When you talk about status quo in the world, please note that in the past the status quo was to burn on stakes quirky people; black americans were not allowed to use public facilities; women are still systematically mutilated. Animals have been hunted to extinction to give us beauty products and magic potions, and we want to talk about cock fighting? 
You think it's ok to have animals do things they don't need or want to do because after all they have no legal rights; that's fair enough, nowadays we are allowed to have personal opinions... But that has nothing to do with the status quo.


----------



## Darkel777 (Jun 7, 2013)

> why do you want lutinos? to breed more of them? for what? what are you trying to do, what is your goal in breeding? i just dont understand your purpose, all i see is personal gain, and i do not think this is good enough reason to breed. nor with these methods. if you can explain to me your reasoning, your goals and such, i will hear you out. but i just don't understand. there are many lutinos out there, it's a fairly common mutation....


Lol yes! I wanted to get a young split lutino male from her for breeding. I don't feel any remorse about that, but I have found just using breeding vitamins to stimulate her was a better choice than running the risks of AI. I have already said if she doesn't produce I'm not going to get rid of her but I might look into getting a split Lutino or a Lutino for breeding. My goal in breeding is to occupy my time, I have a profession as a butcher so I don't need the money and I enjoy their company especially the young ones. But if you ask me if I hold my pet's lives over that of my brother or my sister then the answer is no.



Tequilagirl said:


> While it's true the pets don't have a say about where they go or who they end up with, a lot of us make a commitment to them to provide them with a good life, good care and fulfillment. We are here because we care and we want to learn and want to become better care providers.
> 
> And I was waiting for the meat and milk remark. I for one became a vegan the very second I left my parents' house 10 years ago, and I am sure I'm not the only one in this forum who doesn't use animal products, and we are healthy and happy and commited to animal welfare.
> 
> ...


While I respect your views, when faced with a dilemma like finding out where your meat comes from you can either accept the fact that these animals with feelings are slaughtered for your benefit or rebel. Clearly I was more accepting.  If you think they are human I encourage you, let them roam your home out of their cage 24/7 and take them to the mall with you without using a harness... if they leave your care or somehow harm themselves because they don't know any better that's because they are animals and not human. This isn't something popular to say but it's the honest thing.



bobobubu said:


> I have a huge problem grinding those animals down and eating them, and more and more people are starting to question the way we put food on our tables.
> When you talk about status quo in the world, please note that in the past the status quo was to burn on stakes quirky people; black americans were not allowed to use public facilities; women are still systematically mutilated. Animals have been hunted to extinction to give us beauty products and magic potions, and we want to talk about cock fighting?
> You think it's ok to have animals do things they don't need or want to do because after all they have no legal rights; that's fair enough, nowadays we are allowed to have personal opinions... But that has nothing to do with the status quo.

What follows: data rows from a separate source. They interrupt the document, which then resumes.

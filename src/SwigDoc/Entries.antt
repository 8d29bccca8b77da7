-- ===== src/SwigDoc/Entries.antt =====
-- The functions of docs/doxygen/swig_doc.py that make entries of documented objects.
use gr_digitizers.Prelude.{ℕ, Bool, true, false, Option, none, some, List, [], ◌∷◌, ◌++◌}
use gr_digitizers.Prelude.Str.{Str, codes, join, member, contains}
use gr_digitizers.Prelude.Result.{
  Error, Result, ok, err, key_error, attribute_error, no_such_member, parsing_error,
}
use gr_digitizers.Prelude.Result
use gr_digitizers.Prelude.Exec.{Exec, pure, lift, ◌>>=◌, ◌>>◌}
use gr_digitizers.Doxy.Data.{ParseData, ParamData, CompoundDef, Xml}
use gr_digitizers.Doxy.Describe.{description}
use gr_digitizers.Doxy.Heap.{
  function, file, ObjData, Param, item, param, World, Ref, index, obj, read,
}
use gr_digitizers.Doxy.Parse.{confirm_no_error, name}
use gr_digitizers.Doxy.Lookup.{in_category, get_member}
use gr_digitizers.SwigDoc.Texts.{make_name, utoascii, combine, param_line, entry_for}

-- `d[key]` of `_data`.
abbrev field {ℓ} : {A : Type ℓ} → Option A → Result A
field none = err key_error
field (some v) = ok v

-- A method of a string, called on `None`.
abbrev stripped : Option Str → Result Str
stripped none = err attribute_error
stripped (some s) = ok s

abbrev text_or_empty : Option Str → Str
text_or_empty none = []
text_or_empty (some s) = s

-- `DoxyParam.description`: a `param` has no detailed description.
unfoldable pub param_description : ParamData → Result (Option Str)
unfolding description join
param_description p = Result.◌>>=◌ (description p.brief) λ bd. ok (some (text_or_empty bd))

-- The line of a parameter. A `DoxyParam` is parsed when its name is asked for.
unfoldable pub line_of : Param → Result Str
unfolding param_line param_description
line_of (item n d) = param_line n d
line_of (param p) = Result.◌>>=◌ (param_description p) λ d. param_line (some p.declname) d

unfoldable pub param_lines : List Param → Result (List Str)
unfolding line_of
param_lines [] = ok []
param_lines (p ∷ ps) = Result.◌>>=◌ (line_of p) λ l. Result.◌>>=◌ (param_lines ps) λ ls. ok (l ∷ ls)

unfoldable pub format_params : List Param → Result Str
unfolding param_lines join
format_params ps = Result.◌>>=◌ (param_lines ps) λ ls. ok (join (codes "\n") (codes "Args:" ∷ ls))

-- The description with the parameters behind it, if there are any.
unfoldable pub with_params : Str → List Param → Result Str
unfolding format_params utoascii
with_params text [] = ok text
with_params text (p ∷ ps) =
    Result.◌>>=◌ (format_params (p ∷ ps))
      λ args. ok (text ++ (codes "\n\n" ++ utoascii (some args)))

-- An object, an `AttributeError` for `None`.
abbrev pub object_of : Option ℕ → Result Ref
object_of none = err attribute_error
object_of (some n) = ok (obj n)

abbrev unless_empty : Str → List Str
unless_empty [] = []
unless_empty (c ∷ s) = (c ∷ s) ∷ []

-- `except NoSuchMember: pass`
abbrev or_none : Result (List Str) × World → Result (List Str) × World
or_none (err no_such_member, w) = (ok [], w)
or_none r = r

module _ (compound_xml : Str → Xml (Option CompoundDef)) (index_xml : Xml (List ParseData)) where
  -- `data ()`
  unfoldable pub data_of : Ref → Exec World ObjData
  unfolding confirm_no_error read
  data_of r = do confirm_no_error compound_xml index_xml r; o ← read r; pure o.fields

  unfoldable pub combine_descriptions : Ref → Exec World Str
  unfolding data_of combine
  combine_descriptions r = do
    b ← data_of r
    bd ← lift (field b.brief_description)
    brief ← lift (stripped bd)
    d ← data_of r
    dd ← lift (field d.detailed_description)
    detail ← lift (stripped dd)
    pure (combine brief detail)

  unfoldable pub params_of : Ref → Exec World (List Param)
  unfolding data_of
  params_of r = do d ← data_of r; lift (field d.params)

  abbrev default_name : Ref → Option Str → Exec World Str
  default_name r none = name compound_xml index_xml r
  default_name r (some n) = pure n

  abbrev default_description : Ref → Option Str → Exec World Str
  default_description r none = combine_descriptions r
  default_description r (some d) = pure d

  abbrev entry_unless : Bool → Exec World Str → Exec World Str
  entry_unless true m = pure []
  entry_unless false m = m

  -- `make_entry`; `make_func_entry` is the same call.
  unfoldable pub make_entry : Ref → Option Str → Option Str → List Param → Exec World Str
  unfolding name combine_descriptions with_params entry_for
  make_entry r n d ps = do
    name' ← default_name r n
    entry_unless (contains (codes "operator ") name') (do
      text ← default_description r d
      docstring ← lift (with_params text ps)
      lift (entry_for name' docstring))

  unfoldable pub make_func_entry : Ref → Option Str → Option Str → List Param → Exec World Str
  unfolding make_entry
  make_func_entry r n d ps = make_entry r n d ps

  abbrev method_entry : Bool → Ref → Ref → Str → Exec World (List Str)
  method_entry true klass func func_name = pure []
  method_entry false klass func func_name = do
    class_name ← name compound_xml index_xml klass
    e ← make_func_entry func (some (class_name ++ (codes "::" ++ func_name))) none []
    pure (e ∷ [])

  unfoldable pub method_entries : Ref → List Str → List (Option ℕ) → Exec World (List Str)
  unfolding name make_func_entry member
  method_entries klass ignored [] = pure []
  method_entries klass ignored (m ∷ ms) = do
    func ← lift (object_of m)
    func_name ← name compound_xml index_xml func
    e ← method_entry (member func_name ignored) klass func func_name
    rest ← method_entries klass ignored ms
    pure (e ++ rest)

  abbrev default_params : Ref → Option (List Param) → Exec World (List Param)
  default_params r none = params_of r
  default_params r (some ps) = pure ps

  unfoldable pub make_class_entry :
      Ref → Option Str → List Str → Option (List Param) → Exec World Str
  unfolding params_of make_entry in_category method_entries
  make_class_entry klass d ignored ps = do
    ps' ← default_params klass ps
    first ← make_entry klass none d ps'
    funcs ← in_category compound_xml index_xml klass function
    rest ← method_entries klass ignored funcs
    pure (join (codes "\n\n") (first ∷ rest))

  unfoldable pub file_description : Str → Exec World (List Str)
  unfolding get_member combine_descriptions
  file_description block_name w = or_none (
      (do
        found ← get_member compound_xml index_xml index (block_name ++ codes ".h") (some file)
        block_file ← lift (object_of found)
        text ← combine_descriptions block_file
        pure (unless_empty text))
        w)

  unfoldable pub make_block_entry : Ref → Exec World Str
  unfolding combine_descriptions get_member make_name file_description make_class_entry
      make_func_entry params_of
  make_block_entry block = do
    class_desc ← combine_descriptions block
    block_name ← name compound_xml index_xml block
    found ← get_member compound_xml index_xml index (make_name block_name) (some function)
    make_func ← lift (object_of found)
    make_func_desc ← combine_descriptions make_func
    block_name' ← name compound_xml index_xml block
    file_desc ← file_description block_name'
    let super =
        join (codes "\n\n") (unless_empty class_desc ++ (unless_empty make_func_desc ++ file_desc))
    first ← make_class_entry block (some super) [] none
    ps ← params_of block
    second ← make_func_entry make_func none (some super) ps
    pure (join (codes "\n\n") (first ∷ second ∷ []))

  unfoldable pub make_block2_entry : Ref → Exec World Str
  unfolding combine_descriptions get_member make_class_entry make_func_entry params_of
  make_block2_entry block = do
    class_description ← combine_descriptions block
    found ← get_member compound_xml index_xml block (codes "make") (some function)
    make_func ← lift (object_of found)
    make_description ← combine_descriptions make_func
    let text =
        class_description
        ++ (codes "\n\nConstructor Specific Documentation:\n\n" ++ make_description)
    ps ← params_of make_func
    first ← make_class_entry block (some text) (codes "make" ∷ []) (some ps)
    block_name ← name compound_xml index_xml block
    ps' ← params_of make_func
    second ← make_func_entry make_func (some (block_name ++ codes "::make")) (some text) ps'
    pure (join (codes "\n\n") (first ∷ second ∷ []))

Then I encourage you start an animal rights petition so we can have the world's first parrot president lol.


----------



## Tequilagirl (Mar 4, 2013)

Darkel777 said:


> While I respect your views, when faced with a dilemma like finding out where your meat comes from you can either accept the fact that these animals with feelings are slaughtered for your benefit or rebel. Clearly I was more accepting.  If you think they are human I encourage you, let them roam your home out of their cage 24/7 and take them to the mall with you without using a harness... if they leave your care or somehow harm themselves because they don't know any better that's because they are animals and not human. This isn't something popular to say but it's the honest thing.


I never did once say my animals are human or are treated as such. They are animals and have their own behaviours and ways of communication. They are exercised daily and kept away from harm, they have a cage so they can claim a territory for themselves and feel safe. From my point of view understanding animal care starts from treating them for what they are. So forgive me if I'd rather use a harness than throwing them to the hordes of seagulls that roam around my city.

I have no more objection to what you want to do than to the people who come here asking for advice but refuse to take their pets to the vet, or keep them in unsuitable cages, so this is by no means a personal attack.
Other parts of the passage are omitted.